====== Supplied material
-- ===== src/Refine/Executing.antt =====
-- EX carries out the instruction that it holds, for the state before it.
use cpu_sim.Base.{
  ℕ, ◌≡◌, inl, inr, refl, ap, ◌∙◌, arith, Bool, Bool-cases, true, false, Option, none, some, ◌||◌,
  is_some,
}
use cpu_sim.Isa.Op.{Op}
use cpu_sim.Isa.Decoder.{decode}
use cpu_sim.Memory.Interface.{IMemory}
use cpu_sim.RegFile.{read}
use cpu_sim.Predictor.{BranchPredictor, update}
use cpu_sim.Pipeline.Regs.{IdEx, ex_mem_bubble}
use cpu_sim.Pipeline.Execute.{
  executed, actual_taken, next_pc, target, is_cond_branch, is_jal, is_jalr, signals,
  train_predictor, create,
}
use cpu_sim.Arch.{Arch}
use cpu_sim.Refine.Latched.{Latched, first, second, trained}
use cpu_sim.Refine.Claims.{IsGuide, InEx, InMem, plain, ahead}
use cpu_sim.Refine.Step.{handed, source_one, source_two}

-- A bubble in EX stays one, and an instruction its operation.
pub executed-valid : (id : IdEx) (a b : ℕ) → (executed id a b).valid ≡ id.valid
unfolding executed
executed-valid id a b = ground arith

pub executed-op : (id : IdEx) (a b : ℕ) → id.valid ≡ true → (executed id a b).op ≡ id.op
unfolding executed
executed-op id a b v = rw v refl

pub executed-bubble : (id : IdEx) (a b : ℕ) → id.valid ≡ false → executed id a b ≡ ex_mem_bubble
unfolding executed
executed-bubble id a b v = rw v refl

-- A prediction that comes true sends fetch where the instruction goes.
pub next_pc-ahead :
    (raw pc a b : ℕ) (taken : Bool)
    → actual_taken (plain raw pc) a b ≡ taken
    → (taken ≡ true → is_jalr (decode raw pc).op ≡ false)
    → next_pc (plain raw pc) a b ≡ ahead raw pc taken
unfolding next_pc target plain
next_pc-ahead raw pc a b true e j = let n = j refl in rw (e, n)
next_pc-ahead raw pc a b false e j = rw e

pub not_jalr : (op : Op) → is_cond_branch op || is_jal op ≡ true → is_jalr op ≡ false
unfolding is_cond_branch is_jal is_jalr
not_jalr Op.jalr h = cc
not_jalr _ h = refl

module _ {code : ℕ → Option ℕ} {Guides : Option BranchPredictor → Type 0}
    (guide : IsGuide code Guides) where
  update-Guides :
      (p : BranchPredictor) (id : IdEx) (pc raw a : ℕ) (taken : Bool)
      → code pc ≡ some raw
      → id.pc ≡ pc
      → id.op ≡ (decode raw pc).op
      → id.imm ≡ (decode raw pc).imm
      → is_cond_branch id.op || is_jal id.op ≡ true
      → Guides (some p)
      → Guides (some (update p id.pc (is_cond_branch id.op) taken (target id a)))
  unfolding target
  update-Guides p id pc raw a taken c ep eo ei k g =
      let n : is_jalr (decode raw pc).op ≡ false = not_jalr (decode raw pc).op (rw (← eo) k) in
      rw (ep, eo, ei, n) (guide.update_Guides p pc raw taken g c (rw (← eo) k))

  train-Guides :
      (bp : Option BranchPredictor) (id : IdEx) (pc raw a b : ℕ)
      → (id.valid ≡ true → code pc ≡ some raw)
      → (id.valid ≡ true → id.pc ≡ pc)
      → (id.valid ≡ true → id.op ≡ (decode raw pc).op)
      → (id.valid ≡ true → id.imm ≡ (decode raw pc).imm)
      → Guides bp
      → Guides (train_predictor (signals (is_some bp) id a b create) bp)
  unfolding train_predictor signals
  train-Guides none id pc raw a b c ep eo ei g = g
  train-Guides (some p) id pc raw a b c ep eo ei g = elim (Bool-cases id.valid) [
    | inr v ↦ rw v g
    | inl v ↦ elim (Bool-cases (is_cond_branch id.op || is_jal id.op)) [
      | inr k ↦ rw (v, k) g
      | inl k ↦
          rw (v, k)
            (update-Guides p id pc raw a (actual_taken id a b) (c v) (ep v) (eo v) (ei v) k g)
    ]
  ]

module _ (I D S : IMemory) (view : D.State → S.State) (Holds : I.State → Type 0)
    (code : ℕ → Option ℕ) (Guides : Option BranchPredictor → Type 0) where
  module _ (l : Latched I D) (t : Arch S) (h : InEx I D S view Holds code Guides l t)
      (v : l.ex.valid ≡ true) where
    -- The word with the values that it was decoded with.
    abbrev held : IdEx
    held = record (plain l.ex.raw t.pc) {
      rs1_val = l.ex.rs1_val;
      rs2_val = l.ex.rs2_val;
      predicted_taken = l.ex.predicted_taken;
    }

    pub first-source : first I D l ≡ source_one S t l.ex.raw
    unfolding plain
    first-source = h.first_eq v ∙ ap (λ r. read t.rf r) (ap {A = IdEx} (λ e. e.rs1) (h.ex_eq v))

    pub second-source : second I D l ≡ source_two S t l.ex.raw
    unfolding plain
    second-source = h.second_eq v ∙ ap (λ r. read t.rf r) (ap {A = IdEx} (λ e. e.rs2) (h.ex_eq v))

    -- What EX makes of it is what it makes of the word alone.
    at_sources :
        {A : Type 0} (f : IdEx → ℕ → ℕ → A)
        → f l.ex (first I D l) (second I D l)
          ≡ f held (source_one S t l.ex.raw) (source_two S t l.ex.raw)
    at_sources f =
        ap (λ a. f l.ex a (second I D l)) first-source
        ∙ ap (λ b. f l.ex (source_one S t l.ex.raw) b) second-source
        ∙ ap {A = IdEx} (λ e. f e (source_one S t l.ex.raw) (source_two S t l.ex.raw)) (h.ex_eq v)

    pub executed-handed : executed l.ex (first I D l) (second I D l) ≡ handed S t l.ex.raw
    unfolding executed plain
    executed-handed = at_sources executed

    pub ex-next_pc :
        next_pc l.ex (first I D l) (second I D l)
        ≡ next_pc (plain l.ex.raw t.pc) (source_one S t l.ex.raw) (source_two S t l.ex.raw)
    unfolding next_pc target actual_taken plain
    ex-next_pc = at_sources next_pc

    pub ex-op : l.ex.op ≡ (decode l.ex.raw t.pc).op
    unfolding plain
    ex-op = ap {A = IdEx} (λ e. e.op) (h.ex_eq v)

    pub ex-rd : l.ex.rd ≡ (decode l.ex.raw t.pc).rd
    unfolding plain
    ex-rd = ap {A = IdEx} (λ e. e.rd) (h.ex_eq v)

    pub ex-pc : l.ex.pc ≡ t.pc
    unfolding plain
    ex-pc = ap {A = IdEx} (λ e. e.pc) (h.ex_eq v)

    pub ex-imm : l.ex.imm ≡ (decode l.ex.raw t.pc).imm
    unfolding plain
    ex-imm = ap {A = IdEx} (λ e. e.imm) (h.ex_eq v)

  handed-InMem :
      (t : Arch S) (raw : ℕ)
      → code t.pc ≡ some raw
      → InMem I D S view Holds code Guides (handed S t raw) t
  unfolding executed plain
  handed-InMem t raw c = record { mem_code = λ _. c; mem_eq = λ _. refl }

  bubble-InMem : (t : Arch S) → InMem I D S view Holds code Guides ex_mem_bubble t
  bubble-InMem t = record { mem_code = λ v. cc; mem_eq = λ v. cc }

  pub executed-InMem :
      (l : Latched I D) (t : Arch S)
      → InEx I D S view Holds code Guides l t
      → InMem I D S view Holds code Guides (executed l.ex (first I D l) (second I D l)) t
  executed-InMem l t h = elim (Bool-cases l.ex.valid) [
    | inl v ↦ rw (executed-handed l t h v) (handed-InMem t l.ex.raw (h.ex_code v))
    | inr v ↦ rw (executed-bubble l.ex (first I D l) (second I D l) v) (bubble-InMem t)
  ]

  -- Training keeps the predictor a guide.
  pub trained-Guides :
      (l : Latched I D) (t : Arch S)
      → IsGuide code Guides
      → InEx I D S view Holds code Guides l t
      → Guides l.bpred
      → Guides (trained I D l)
  unfolding trained
  trained-Guides l t guide h g =
      train-Guides guide l.bpred l.ex t.pc l.ex.raw (first I D l) (second I D l) h.ex_code
        (ex-pc l t h) (ex-op l t h) (ex-imm l t h) g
============
Your assignment: Give back, exactly as written, the stretch from the line with "id.pc ≡ pc)" through the line with "elim (Bool-cases (is_cond_branch", and no other lines from the records above.

Task answer:
      → (id.valid ≡ true → id.pc ≡ pc)
      → (id.valid ≡ true → id.op ≡ (decode raw pc).op)
      → (id.valid ≡ true → id.imm ≡ (decode raw pc).imm)
      → Guides bp
      → Guides (train_predictor (signals (is_some bp) id a b create) bp)
  unfolding train_predictor signals
  train-Guides none id pc raw a b c ep eo ei g = g
  train-Guides (some p) id pc raw a b c ep eo ei g = elim (Bool-cases id.valid) [
    | inr v ↦ rw v g
    | inl v ↦ elim (Bool-cases (is_cond_branch id.op || is_jal id.op)) [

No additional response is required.